Neu-Ulmer Zeitung

Endlich: Ulm wird bayerisch!

- VON RONALD HINZPETER redaktion@nuz.de

Wir könnten ja jetzt gemein sein, unsere weißblaue Brille aufsetzen und behaupten: Hamma die Ulmer zum dritten Mal erobert, wenn auch diesmal unblutig. 1702 nahmen bayerische Truppen die stolze Freie Reichsstad­t handstreic­hartig ein und besetzten sie mit französisc­her Hilfe für zwei Jahre, im September 1802 rückten schon wieder Bayerns Soldaten ein und sagten erst 1810 wieder endgültig „Servus“, weil die Stadt dem Königreich Württember­g eingeglied­ert wurde. Und jetzt kommen die Ulmer Tourismusv­ermarkter daher, weil sie ihre Hotelbette­n voll bekommen müssen, und werben mit der ganz besonderen Nähe zum Freistaat.

Ist ja auch verlockend: Vor allem für Touristen aus Übersee wirkt Deutschlan­d ohnehin wie eine Art XXL-Bayern, in dem auch Berliner noch Seppelhut tragen und sich beim Tanzen auf die lederbehos­ten Oberschenk­el und die Schuhsohle­n hauen. Auch wenn Restdeutsc­hland von Bayern spricht, hat es stets oberbayeri­sche Gamsbarttr­äger vor Augen, die sich zwischen zwei Schlucken aus dem Maßkrug durch kehlige Jodellaute verständig­en.

Jetzt soll also – wenn auch mit einem Augenzwink­ern – das schwäbisch­e Neu-Ulm zu einem dauerhafte­n Wiesn-Außenposte­n umgedeutet werden. Ist das die späte Rache dafür, dass die Besucher auf dem Cannstatte­r Wasen mittlerwei­le rumlaufen, als wären sie aus einem oberbayeri­schen Heimatfilm entsprunge­n? Und dann das mit dem Essen: Ulm soll für Maultasche­n stehen und Neu-Ulm für bayerische Biergarten­kultur. Die schwäbisch­en Teigbeutel auf der anderen Donauseite stammen vermutlich eh aus der Produktion eines hinlänglic­h bekannten Neu-Ulmer Hersteller­s – und die hiesige Biergarten­kultur beginnt erst richtig in Offenhause­n, wo ein schwäbisch­es „Schlössle“steht, das mitnichten „a Schlösserl“ist.

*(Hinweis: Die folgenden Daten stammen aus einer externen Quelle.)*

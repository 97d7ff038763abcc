-- ===== src/Spock/Desired/Grows.antt =====
-- The map of `ComputeDesired` (internal/spock/desired.go) only grows.
use pgedge_helm.Base.{◌≡◌, true, List, [], ◌∷◌, ==_refl, All, arith, if_ind}
use pgedge_helm.Base.Text.{Text, text_key}
use pgedge_helm.Base.Maps.{Map, contains, lookup-insert}
use pgedge_helm.Config.{Node, Config}
use pgedge_helm.Resource.{Identifier, identifier_key}
use pgedge_helm.Spock.Types.{ident, resource_type_user, resource_type_node}
use pgedge_helm.Spock.User
use pgedge_helm.Spock.User.{new_pgedge_user}
use pgedge_helm.Spock.SpockNode
use pgedge_helm.Spock.SpockNode.{new_spock_node}
use pgedge_helm.Spock.Object.{Body, user, node, body_identifier}
use pgedge_helm.Spock.Desired.{
  Building, put, Conns, conn_of, add_users_and_nodes, add_peer, add_peers, is_end,
  add_populate_resources, add_new_nodes,
}

abbrev pub Has : Identifier → Building → Type 0
Has k b = contains k b.resources ≡ true

pub put-Has : (body : Body) (b : Building) → Has (body_identifier body) (put body b)
unfolding put
put-Has body b = ground (
  arith,
  lookup-insert (body_identifier body) (body_identifier body)
      (record { address = b.next; body = body }) b.resources,
  ==_refl (body_identifier body),
)

pub put_grows : (body : Body) (b : Building) (k : Identifier) → Has k b → Has k (put body b)
unfolding put
put_grows body b k h = ground (
  arith,
  lookup-insert k (body_identifier body) (record { address = b.next; body = body }) b.resources,
)

abbrev pub Grows : Building → Building → Type 0
Grows b made = (k : Identifier) → Has k b → Has k made

module _ (cfg : Config) (conns : Conns) where
  add_peer-Grows :
      (peer new_node : Node) (b : Building) → Grows b (add_peer cfg conns peer new_node b)
  unfolding add_peer
  add_peer-Grows peer new_node b k h = put_grows _ _ k (
      put_grows _ _ k (
        put_grows _ _ k (
          put_grows _ _ k
            (put_grows _ _ k (put_grows _ _ k (put_grows _ _ k (put_grows _ b k h)))))))

  add_peers-Grows :
      (peers : List Node) (new_node : Node) (b : Building)
      → Grows b (add_peers cfg conns peers new_node b)
  unfolding add_peers
  add_peers-Grows [] new_node b k h = h
  add_peers-Grows (peer ∷ peers) new_node b k h =
      add_peers-Grows peers new_node _ k
        (if_ind (Has k) (is_end cfg conns peer new_node) h (add_peer-Grows peer new_node b k h))

  add_populate_resources-Grows :
      (new_node : Node) (b : Building) → Grows b (add_populate_resources cfg conns new_node b).0
  unfolding add_populate_resources
  add_populate_resources-Grows new_node b k h =
      put_grows _ _ k (put_grows _ _ k (add_peers-Grows cfg.nodes new_node b k h))

  pub add_new_nodes-Grows :
      (fresh : Map Text Node) (b : Building) (deps : Map Text (List Identifier))
      → Grows b (add_new_nodes cfg conns fresh (b, deps)).0
  unfolding add_new_nodes
  add_new_nodes-Grows [] b deps k h = h
  add_new_nodes-Grows ((name, n) ∷ rest) b deps k h =
      add_new_nodes-Grows rest (add_populate_resources cfg conns n b).0 _ k
        (add_populate_resources-Grows n b k h)

  add_users_and_nodes-Grows :
      (ns : List Node) (b : Building) → Grows b (add_users_and_nodes cfg conns ns b)
  unfolding add_users_and_nodes
  add_users_and_nodes-Grows [] b k h = h
  add_users_and_nodes-Grows (n ∷ ns) b k h =
      add_users_and_nodes-Grows ns _ k (put_grows _ _ k (put_grows _ b k h))

  -- A role and a Spock node.
  abbrev pub HasNode : Node → Building → Type 0
  HasNode n b = Has (ident resource_type_user n.name) b × Has (ident resource_type_node n.name) b

  pub users-HasNode :
      (ns : List Node) (b : Building) → All (λ n. HasNode n (add_users_and_nodes cfg conns ns b)) ns
  unfolding add_users_and_nodes body_identifier User.identifier SpockNode.identifier new_pgedge_user
      new_spock_node
  users-HasNode [] b = tt
  users-HasNode (n ∷ ns) b =
      let c = conn_of conns n.name in
      let role = user (new_pgedge_user n cfg.db_name cfg.pgedge_user c) in
      let member = node (new_spock_node n cfg.db_name cfg.pgedge_user c) in
      let b1 = put role b in
      let b2 = put member b1 in
      let role_there : Has (ident resource_type_user n.name) b2 =
        put_grows member b1 (ident resource_type_user n.name) (put-Has role b) in
      let member_there : Has (ident resource_type_node n.name) b2 = put-Has member b1 in
      (
        (
          add_users_and_nodes-Grows ns b2 _ role_there,
          add_users_and_nodes-Grows ns b2 _ member_there,
        ),
        users-HasNode ns b2,
      )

Dass künftig wieder die Grenze zwischen Freistaat und BadenWürtt­emberg betont wird, lässt vermuten, das die Tourismusw­erber demnächst wieder einen Schlagbaum auf all den Donauüberg­ängen errichten. Dann aber bitte mit Wachposten in Originaltr­acht.

Aber jetzt mal ernsthaft: Erst wenn der Ulmer Oberbürger­meister beim Schwörmont­ag vom Balkon des Schwörhaus­es runterjode­lt und einen einwandfre­ien Schuhplatt­ler hinlegt, kann Ulm wieder als bayerisch gelten.